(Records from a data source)
☆ ☆ ☆ ☆ ☆
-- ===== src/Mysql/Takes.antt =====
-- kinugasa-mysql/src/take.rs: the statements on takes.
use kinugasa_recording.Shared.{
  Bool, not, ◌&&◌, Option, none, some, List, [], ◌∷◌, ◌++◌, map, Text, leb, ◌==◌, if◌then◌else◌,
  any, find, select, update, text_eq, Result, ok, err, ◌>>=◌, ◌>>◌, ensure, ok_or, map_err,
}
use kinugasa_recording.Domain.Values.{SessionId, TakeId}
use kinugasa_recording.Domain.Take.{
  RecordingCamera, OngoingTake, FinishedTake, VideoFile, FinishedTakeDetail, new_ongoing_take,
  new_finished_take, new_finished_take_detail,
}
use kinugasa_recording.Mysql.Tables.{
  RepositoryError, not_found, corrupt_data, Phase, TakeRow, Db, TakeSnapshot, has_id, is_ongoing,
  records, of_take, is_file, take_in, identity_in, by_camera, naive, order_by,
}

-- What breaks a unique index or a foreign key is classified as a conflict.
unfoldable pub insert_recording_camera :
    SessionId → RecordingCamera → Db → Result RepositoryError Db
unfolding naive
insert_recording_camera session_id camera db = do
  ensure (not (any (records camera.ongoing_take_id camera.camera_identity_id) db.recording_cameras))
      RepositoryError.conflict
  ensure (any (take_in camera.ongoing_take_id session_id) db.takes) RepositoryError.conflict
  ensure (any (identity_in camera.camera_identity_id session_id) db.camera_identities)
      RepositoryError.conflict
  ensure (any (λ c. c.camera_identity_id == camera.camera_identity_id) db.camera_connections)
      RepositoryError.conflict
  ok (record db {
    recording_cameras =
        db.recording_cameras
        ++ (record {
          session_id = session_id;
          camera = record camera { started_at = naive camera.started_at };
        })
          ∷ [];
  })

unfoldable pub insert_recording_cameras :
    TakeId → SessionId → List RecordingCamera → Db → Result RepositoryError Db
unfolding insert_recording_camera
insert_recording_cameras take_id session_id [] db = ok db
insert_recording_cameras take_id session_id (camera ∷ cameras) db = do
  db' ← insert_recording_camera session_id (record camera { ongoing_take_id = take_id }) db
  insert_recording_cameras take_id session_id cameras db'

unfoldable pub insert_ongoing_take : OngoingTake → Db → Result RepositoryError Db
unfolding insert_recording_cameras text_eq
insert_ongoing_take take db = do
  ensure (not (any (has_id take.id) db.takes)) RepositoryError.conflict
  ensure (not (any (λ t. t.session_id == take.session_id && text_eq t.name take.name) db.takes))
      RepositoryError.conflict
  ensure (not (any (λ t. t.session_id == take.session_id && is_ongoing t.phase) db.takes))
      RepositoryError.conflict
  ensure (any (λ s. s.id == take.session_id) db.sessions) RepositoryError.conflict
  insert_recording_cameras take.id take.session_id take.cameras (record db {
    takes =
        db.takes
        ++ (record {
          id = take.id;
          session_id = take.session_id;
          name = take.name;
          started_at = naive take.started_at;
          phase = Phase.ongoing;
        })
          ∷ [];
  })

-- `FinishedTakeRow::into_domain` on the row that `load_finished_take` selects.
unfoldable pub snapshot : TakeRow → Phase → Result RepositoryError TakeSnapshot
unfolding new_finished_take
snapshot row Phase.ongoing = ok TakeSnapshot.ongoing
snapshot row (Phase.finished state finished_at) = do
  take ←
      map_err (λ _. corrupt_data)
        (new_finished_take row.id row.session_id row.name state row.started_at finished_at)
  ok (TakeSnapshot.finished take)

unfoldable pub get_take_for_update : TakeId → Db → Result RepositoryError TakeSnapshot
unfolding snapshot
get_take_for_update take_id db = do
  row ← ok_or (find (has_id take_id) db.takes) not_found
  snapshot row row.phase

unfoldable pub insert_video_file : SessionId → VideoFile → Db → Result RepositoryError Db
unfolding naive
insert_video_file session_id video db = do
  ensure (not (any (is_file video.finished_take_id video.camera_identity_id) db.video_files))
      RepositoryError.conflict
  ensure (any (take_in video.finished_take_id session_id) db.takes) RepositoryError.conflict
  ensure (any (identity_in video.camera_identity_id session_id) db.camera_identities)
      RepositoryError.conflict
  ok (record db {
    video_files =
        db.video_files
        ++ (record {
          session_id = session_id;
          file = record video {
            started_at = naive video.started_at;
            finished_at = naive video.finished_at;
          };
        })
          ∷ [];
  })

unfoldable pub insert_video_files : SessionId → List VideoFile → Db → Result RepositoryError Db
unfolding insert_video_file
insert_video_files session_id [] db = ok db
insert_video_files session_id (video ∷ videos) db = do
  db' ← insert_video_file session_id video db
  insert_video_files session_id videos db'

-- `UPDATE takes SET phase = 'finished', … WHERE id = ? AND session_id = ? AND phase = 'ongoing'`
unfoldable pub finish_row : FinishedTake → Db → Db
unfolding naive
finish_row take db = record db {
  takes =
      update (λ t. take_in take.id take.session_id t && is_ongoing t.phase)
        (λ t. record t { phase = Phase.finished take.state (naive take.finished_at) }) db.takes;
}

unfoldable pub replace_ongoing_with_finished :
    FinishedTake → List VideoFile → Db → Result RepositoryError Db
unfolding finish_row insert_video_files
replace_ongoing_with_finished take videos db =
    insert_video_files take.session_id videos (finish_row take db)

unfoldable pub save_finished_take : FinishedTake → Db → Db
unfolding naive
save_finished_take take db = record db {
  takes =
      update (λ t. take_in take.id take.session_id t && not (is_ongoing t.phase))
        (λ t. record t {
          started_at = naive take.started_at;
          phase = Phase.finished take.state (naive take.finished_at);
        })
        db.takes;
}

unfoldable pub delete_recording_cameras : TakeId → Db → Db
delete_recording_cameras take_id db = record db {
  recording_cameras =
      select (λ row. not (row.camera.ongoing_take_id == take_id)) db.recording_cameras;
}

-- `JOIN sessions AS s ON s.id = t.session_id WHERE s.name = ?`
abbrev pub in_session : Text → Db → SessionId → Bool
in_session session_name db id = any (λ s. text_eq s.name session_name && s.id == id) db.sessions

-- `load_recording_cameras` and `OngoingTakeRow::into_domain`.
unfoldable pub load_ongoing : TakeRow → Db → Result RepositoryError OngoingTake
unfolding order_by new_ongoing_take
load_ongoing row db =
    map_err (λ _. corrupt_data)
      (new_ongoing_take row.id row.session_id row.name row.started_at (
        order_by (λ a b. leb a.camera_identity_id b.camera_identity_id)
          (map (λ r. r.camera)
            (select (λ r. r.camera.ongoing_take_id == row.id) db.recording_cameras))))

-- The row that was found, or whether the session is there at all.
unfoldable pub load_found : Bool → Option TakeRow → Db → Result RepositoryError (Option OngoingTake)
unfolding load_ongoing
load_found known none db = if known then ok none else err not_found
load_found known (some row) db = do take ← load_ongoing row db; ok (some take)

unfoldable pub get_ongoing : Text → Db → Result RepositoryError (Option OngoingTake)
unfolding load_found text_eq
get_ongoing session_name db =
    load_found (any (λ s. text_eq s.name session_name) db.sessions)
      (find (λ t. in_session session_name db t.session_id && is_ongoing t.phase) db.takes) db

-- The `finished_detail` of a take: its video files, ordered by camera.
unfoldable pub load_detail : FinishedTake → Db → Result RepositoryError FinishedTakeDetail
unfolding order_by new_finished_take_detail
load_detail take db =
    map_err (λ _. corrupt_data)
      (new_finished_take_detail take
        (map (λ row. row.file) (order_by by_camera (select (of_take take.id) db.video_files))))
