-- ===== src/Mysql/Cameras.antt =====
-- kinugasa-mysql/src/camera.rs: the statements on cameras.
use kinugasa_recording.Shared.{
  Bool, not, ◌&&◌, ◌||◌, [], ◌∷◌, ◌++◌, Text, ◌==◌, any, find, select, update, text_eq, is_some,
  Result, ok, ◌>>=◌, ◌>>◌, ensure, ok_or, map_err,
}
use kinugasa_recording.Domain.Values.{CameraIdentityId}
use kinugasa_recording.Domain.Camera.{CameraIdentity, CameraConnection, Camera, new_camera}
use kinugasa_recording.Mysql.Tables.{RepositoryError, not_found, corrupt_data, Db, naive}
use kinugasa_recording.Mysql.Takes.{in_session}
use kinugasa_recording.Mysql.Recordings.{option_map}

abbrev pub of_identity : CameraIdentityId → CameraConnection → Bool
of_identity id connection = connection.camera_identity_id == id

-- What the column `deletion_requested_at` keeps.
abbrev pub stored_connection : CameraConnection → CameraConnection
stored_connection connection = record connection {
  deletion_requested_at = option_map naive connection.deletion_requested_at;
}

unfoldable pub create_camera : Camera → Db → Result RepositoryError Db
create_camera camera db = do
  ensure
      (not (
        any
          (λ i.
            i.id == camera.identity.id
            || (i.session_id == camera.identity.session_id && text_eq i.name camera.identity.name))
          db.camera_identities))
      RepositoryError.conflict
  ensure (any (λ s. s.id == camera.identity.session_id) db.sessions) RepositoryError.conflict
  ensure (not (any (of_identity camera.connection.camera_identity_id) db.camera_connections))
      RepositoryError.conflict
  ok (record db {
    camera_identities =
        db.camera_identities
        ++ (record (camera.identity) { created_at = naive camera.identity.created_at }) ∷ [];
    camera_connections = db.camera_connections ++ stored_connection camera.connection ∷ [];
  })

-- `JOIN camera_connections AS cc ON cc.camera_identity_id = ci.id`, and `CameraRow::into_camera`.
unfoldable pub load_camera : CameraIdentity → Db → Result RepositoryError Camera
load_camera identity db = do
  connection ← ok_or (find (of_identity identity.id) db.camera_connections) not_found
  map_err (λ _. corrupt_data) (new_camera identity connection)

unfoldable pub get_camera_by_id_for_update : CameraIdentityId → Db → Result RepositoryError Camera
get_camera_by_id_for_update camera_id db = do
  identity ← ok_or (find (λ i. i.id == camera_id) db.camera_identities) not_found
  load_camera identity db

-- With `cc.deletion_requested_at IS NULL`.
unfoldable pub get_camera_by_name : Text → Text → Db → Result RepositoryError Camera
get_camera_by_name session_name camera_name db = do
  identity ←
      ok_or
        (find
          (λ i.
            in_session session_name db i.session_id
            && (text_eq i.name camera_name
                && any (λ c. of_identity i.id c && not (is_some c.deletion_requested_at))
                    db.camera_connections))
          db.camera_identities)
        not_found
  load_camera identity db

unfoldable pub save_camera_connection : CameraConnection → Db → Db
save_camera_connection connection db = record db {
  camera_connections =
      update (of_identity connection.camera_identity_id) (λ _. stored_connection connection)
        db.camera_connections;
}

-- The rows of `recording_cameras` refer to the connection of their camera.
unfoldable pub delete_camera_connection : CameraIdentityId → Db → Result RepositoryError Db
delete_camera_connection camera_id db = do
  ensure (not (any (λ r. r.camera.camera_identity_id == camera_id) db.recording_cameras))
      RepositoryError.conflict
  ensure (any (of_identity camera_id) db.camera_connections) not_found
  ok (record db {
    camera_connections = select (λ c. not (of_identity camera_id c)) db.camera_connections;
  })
☆ ☆ ☆ ☆ ☆
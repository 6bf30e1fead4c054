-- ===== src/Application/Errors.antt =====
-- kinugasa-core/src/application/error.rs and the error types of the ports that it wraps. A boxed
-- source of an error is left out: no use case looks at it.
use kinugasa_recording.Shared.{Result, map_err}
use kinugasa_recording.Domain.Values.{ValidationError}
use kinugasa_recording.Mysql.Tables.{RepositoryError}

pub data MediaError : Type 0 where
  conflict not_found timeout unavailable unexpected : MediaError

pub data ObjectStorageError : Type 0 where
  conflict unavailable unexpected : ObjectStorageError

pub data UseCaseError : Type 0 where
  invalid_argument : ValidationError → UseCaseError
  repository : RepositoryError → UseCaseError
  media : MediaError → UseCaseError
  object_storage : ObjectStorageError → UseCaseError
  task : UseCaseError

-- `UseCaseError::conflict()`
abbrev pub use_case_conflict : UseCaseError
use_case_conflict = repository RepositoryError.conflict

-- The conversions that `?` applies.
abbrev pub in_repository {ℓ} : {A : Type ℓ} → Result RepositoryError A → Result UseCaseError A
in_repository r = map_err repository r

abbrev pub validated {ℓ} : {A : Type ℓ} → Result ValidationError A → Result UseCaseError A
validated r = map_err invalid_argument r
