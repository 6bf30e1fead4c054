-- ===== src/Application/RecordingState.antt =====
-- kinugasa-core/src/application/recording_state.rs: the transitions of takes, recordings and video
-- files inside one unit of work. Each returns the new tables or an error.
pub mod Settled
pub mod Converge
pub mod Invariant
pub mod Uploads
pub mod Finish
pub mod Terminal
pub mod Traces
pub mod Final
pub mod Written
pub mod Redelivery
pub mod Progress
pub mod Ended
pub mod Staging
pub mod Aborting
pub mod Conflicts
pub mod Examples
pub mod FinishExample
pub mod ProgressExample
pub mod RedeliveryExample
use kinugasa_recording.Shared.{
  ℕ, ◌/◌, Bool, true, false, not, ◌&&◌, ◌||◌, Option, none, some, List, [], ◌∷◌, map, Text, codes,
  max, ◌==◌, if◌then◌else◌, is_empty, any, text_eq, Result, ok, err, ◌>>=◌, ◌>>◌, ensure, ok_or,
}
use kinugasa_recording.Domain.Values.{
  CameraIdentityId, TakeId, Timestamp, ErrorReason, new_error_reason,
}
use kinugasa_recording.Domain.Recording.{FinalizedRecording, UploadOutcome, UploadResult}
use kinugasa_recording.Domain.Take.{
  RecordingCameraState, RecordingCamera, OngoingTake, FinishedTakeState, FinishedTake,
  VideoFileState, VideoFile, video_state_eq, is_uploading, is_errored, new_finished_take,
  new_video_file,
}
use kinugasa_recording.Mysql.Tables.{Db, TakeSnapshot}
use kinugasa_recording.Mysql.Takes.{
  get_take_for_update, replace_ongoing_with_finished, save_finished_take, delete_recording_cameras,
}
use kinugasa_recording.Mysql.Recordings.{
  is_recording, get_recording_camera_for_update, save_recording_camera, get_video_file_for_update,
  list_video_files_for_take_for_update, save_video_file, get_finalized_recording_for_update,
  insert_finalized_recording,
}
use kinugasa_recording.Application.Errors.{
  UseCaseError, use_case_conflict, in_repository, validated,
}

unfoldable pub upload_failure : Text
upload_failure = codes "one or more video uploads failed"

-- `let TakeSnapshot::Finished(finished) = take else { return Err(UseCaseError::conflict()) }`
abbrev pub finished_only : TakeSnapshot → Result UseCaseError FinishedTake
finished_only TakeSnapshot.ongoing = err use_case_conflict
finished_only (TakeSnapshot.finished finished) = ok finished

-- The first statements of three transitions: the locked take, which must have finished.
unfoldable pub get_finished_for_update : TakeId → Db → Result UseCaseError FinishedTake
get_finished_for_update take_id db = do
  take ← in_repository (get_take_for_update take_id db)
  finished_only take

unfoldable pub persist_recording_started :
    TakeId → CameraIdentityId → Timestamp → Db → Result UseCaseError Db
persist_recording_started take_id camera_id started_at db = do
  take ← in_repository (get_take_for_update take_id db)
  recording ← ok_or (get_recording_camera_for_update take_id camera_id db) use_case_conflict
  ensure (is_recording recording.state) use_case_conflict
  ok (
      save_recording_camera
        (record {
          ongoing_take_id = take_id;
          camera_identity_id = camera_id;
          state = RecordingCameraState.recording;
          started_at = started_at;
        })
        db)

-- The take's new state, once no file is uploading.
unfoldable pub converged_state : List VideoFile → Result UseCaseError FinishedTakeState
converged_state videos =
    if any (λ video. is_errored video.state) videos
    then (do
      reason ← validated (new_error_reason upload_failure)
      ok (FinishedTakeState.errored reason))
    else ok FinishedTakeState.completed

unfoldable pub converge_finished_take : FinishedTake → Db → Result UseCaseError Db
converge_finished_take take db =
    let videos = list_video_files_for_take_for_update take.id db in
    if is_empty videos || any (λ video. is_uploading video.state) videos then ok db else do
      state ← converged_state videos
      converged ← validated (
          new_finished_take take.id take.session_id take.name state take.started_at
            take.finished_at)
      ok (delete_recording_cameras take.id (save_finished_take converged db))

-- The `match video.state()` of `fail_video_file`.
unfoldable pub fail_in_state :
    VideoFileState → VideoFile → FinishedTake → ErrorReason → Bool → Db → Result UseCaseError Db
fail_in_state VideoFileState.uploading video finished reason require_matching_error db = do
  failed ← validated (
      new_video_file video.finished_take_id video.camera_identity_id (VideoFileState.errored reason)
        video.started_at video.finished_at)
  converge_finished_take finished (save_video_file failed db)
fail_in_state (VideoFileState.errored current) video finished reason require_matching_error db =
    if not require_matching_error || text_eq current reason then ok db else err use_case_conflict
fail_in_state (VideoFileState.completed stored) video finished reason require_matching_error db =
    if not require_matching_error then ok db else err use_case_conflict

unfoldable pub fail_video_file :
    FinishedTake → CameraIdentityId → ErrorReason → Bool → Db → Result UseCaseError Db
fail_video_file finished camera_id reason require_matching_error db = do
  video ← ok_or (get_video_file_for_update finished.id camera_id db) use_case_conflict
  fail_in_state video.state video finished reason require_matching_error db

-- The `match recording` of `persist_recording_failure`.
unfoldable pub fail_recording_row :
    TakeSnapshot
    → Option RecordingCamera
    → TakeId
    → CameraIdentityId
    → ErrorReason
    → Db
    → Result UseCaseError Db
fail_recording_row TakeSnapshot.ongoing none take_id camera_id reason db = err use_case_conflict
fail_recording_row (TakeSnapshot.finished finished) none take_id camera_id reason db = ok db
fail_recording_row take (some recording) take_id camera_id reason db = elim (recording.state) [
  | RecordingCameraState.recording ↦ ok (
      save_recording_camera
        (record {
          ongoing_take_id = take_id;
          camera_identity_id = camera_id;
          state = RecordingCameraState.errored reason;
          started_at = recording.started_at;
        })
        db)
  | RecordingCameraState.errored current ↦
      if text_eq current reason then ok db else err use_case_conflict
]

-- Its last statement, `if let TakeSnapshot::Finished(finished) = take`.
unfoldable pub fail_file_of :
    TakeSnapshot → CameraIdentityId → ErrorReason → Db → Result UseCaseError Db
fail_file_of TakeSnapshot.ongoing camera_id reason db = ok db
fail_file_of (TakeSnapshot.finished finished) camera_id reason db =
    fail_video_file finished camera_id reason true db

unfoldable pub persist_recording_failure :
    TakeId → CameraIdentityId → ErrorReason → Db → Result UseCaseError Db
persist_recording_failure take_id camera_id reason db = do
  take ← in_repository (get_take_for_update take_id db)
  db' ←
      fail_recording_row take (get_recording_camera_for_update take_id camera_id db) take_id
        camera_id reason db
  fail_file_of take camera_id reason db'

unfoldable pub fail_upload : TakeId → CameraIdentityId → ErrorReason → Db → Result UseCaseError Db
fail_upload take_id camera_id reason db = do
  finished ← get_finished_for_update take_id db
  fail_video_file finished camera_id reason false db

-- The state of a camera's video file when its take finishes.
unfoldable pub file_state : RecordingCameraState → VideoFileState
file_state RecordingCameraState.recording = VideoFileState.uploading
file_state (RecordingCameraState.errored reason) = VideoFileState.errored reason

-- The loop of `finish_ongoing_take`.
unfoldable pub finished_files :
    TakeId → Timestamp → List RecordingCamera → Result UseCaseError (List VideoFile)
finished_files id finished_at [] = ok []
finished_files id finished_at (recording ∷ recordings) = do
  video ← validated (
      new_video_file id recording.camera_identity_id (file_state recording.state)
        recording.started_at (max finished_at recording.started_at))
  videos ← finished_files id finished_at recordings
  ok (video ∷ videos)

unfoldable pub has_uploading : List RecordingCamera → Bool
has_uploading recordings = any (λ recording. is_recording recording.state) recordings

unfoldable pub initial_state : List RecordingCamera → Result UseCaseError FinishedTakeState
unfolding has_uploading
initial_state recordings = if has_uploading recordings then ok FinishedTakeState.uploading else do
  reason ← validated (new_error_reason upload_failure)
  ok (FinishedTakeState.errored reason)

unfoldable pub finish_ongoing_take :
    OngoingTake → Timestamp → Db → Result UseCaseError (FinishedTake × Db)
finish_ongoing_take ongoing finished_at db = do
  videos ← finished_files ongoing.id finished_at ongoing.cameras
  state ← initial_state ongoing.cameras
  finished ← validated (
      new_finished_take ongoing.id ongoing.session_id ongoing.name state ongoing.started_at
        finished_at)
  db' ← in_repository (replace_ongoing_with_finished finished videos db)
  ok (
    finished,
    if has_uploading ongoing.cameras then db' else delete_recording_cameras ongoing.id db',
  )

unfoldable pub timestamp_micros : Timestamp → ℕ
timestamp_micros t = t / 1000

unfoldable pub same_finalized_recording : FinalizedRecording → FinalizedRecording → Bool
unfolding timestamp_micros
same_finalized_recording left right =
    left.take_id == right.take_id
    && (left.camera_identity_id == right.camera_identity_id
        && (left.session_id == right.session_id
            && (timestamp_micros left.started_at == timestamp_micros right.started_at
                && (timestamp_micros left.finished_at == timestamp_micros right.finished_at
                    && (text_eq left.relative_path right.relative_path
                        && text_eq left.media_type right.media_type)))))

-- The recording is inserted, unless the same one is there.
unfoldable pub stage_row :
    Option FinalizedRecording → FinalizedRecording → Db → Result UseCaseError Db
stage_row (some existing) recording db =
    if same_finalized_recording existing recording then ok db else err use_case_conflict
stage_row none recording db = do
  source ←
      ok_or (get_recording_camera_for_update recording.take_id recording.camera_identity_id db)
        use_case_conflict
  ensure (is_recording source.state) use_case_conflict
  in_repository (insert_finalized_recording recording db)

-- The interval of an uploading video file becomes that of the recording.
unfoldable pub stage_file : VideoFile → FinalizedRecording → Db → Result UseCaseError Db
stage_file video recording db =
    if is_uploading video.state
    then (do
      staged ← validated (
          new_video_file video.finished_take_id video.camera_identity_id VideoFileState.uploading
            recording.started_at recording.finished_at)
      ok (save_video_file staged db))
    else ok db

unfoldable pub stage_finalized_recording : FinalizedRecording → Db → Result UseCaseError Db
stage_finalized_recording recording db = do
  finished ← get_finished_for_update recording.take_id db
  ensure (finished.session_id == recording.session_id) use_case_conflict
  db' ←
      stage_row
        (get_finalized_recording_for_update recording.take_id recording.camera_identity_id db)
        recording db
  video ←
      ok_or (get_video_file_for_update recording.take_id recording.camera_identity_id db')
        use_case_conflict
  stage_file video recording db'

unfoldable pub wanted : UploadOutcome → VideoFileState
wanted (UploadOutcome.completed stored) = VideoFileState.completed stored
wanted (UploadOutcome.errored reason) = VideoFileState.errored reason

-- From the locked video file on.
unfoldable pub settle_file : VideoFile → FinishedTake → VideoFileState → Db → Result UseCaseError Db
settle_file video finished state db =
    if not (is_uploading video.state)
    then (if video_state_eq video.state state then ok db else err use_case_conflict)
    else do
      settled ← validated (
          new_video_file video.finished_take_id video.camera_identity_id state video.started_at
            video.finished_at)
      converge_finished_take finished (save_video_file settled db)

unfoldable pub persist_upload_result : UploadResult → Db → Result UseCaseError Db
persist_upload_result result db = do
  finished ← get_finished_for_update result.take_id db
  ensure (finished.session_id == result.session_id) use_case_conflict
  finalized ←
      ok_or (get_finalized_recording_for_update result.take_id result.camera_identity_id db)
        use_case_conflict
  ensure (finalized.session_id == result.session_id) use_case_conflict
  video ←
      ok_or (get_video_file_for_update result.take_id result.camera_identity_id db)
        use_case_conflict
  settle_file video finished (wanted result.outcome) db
☆ ☆ ☆ ☆ ☆
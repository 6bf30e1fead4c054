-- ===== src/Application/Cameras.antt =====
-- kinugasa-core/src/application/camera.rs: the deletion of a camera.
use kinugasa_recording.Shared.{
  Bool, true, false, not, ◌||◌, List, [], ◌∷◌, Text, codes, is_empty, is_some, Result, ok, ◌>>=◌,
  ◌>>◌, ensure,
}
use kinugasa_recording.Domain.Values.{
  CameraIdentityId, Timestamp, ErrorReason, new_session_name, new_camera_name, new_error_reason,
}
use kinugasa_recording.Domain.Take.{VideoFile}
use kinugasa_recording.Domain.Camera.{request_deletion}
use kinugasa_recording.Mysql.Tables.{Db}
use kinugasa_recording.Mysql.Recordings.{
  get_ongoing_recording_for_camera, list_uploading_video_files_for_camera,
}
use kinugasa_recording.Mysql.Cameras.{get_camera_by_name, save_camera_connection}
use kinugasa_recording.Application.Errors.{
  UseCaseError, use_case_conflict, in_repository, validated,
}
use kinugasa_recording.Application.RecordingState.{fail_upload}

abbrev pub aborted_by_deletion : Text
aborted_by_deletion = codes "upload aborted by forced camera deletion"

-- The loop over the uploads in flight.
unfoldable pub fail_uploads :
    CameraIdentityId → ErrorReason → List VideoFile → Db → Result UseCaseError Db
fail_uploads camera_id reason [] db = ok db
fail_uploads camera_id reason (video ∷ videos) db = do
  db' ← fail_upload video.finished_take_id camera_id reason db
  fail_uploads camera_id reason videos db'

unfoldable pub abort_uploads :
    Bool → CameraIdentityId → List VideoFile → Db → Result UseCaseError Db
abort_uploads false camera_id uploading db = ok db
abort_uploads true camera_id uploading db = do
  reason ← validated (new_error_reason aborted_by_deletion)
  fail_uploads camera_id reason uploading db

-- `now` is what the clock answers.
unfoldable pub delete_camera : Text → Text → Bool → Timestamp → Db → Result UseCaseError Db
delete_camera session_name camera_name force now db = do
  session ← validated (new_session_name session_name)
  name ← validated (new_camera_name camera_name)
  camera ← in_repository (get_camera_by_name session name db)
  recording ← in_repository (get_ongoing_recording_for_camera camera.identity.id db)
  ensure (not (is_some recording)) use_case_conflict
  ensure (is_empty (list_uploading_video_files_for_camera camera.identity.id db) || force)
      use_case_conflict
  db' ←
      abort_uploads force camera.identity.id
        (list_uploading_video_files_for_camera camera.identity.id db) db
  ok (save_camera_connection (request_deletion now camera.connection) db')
☆ ☆ ☆ ☆ ☆
If a line contains the word "staged", it counts; say how many such lines there are in the data above, and nothing else.

2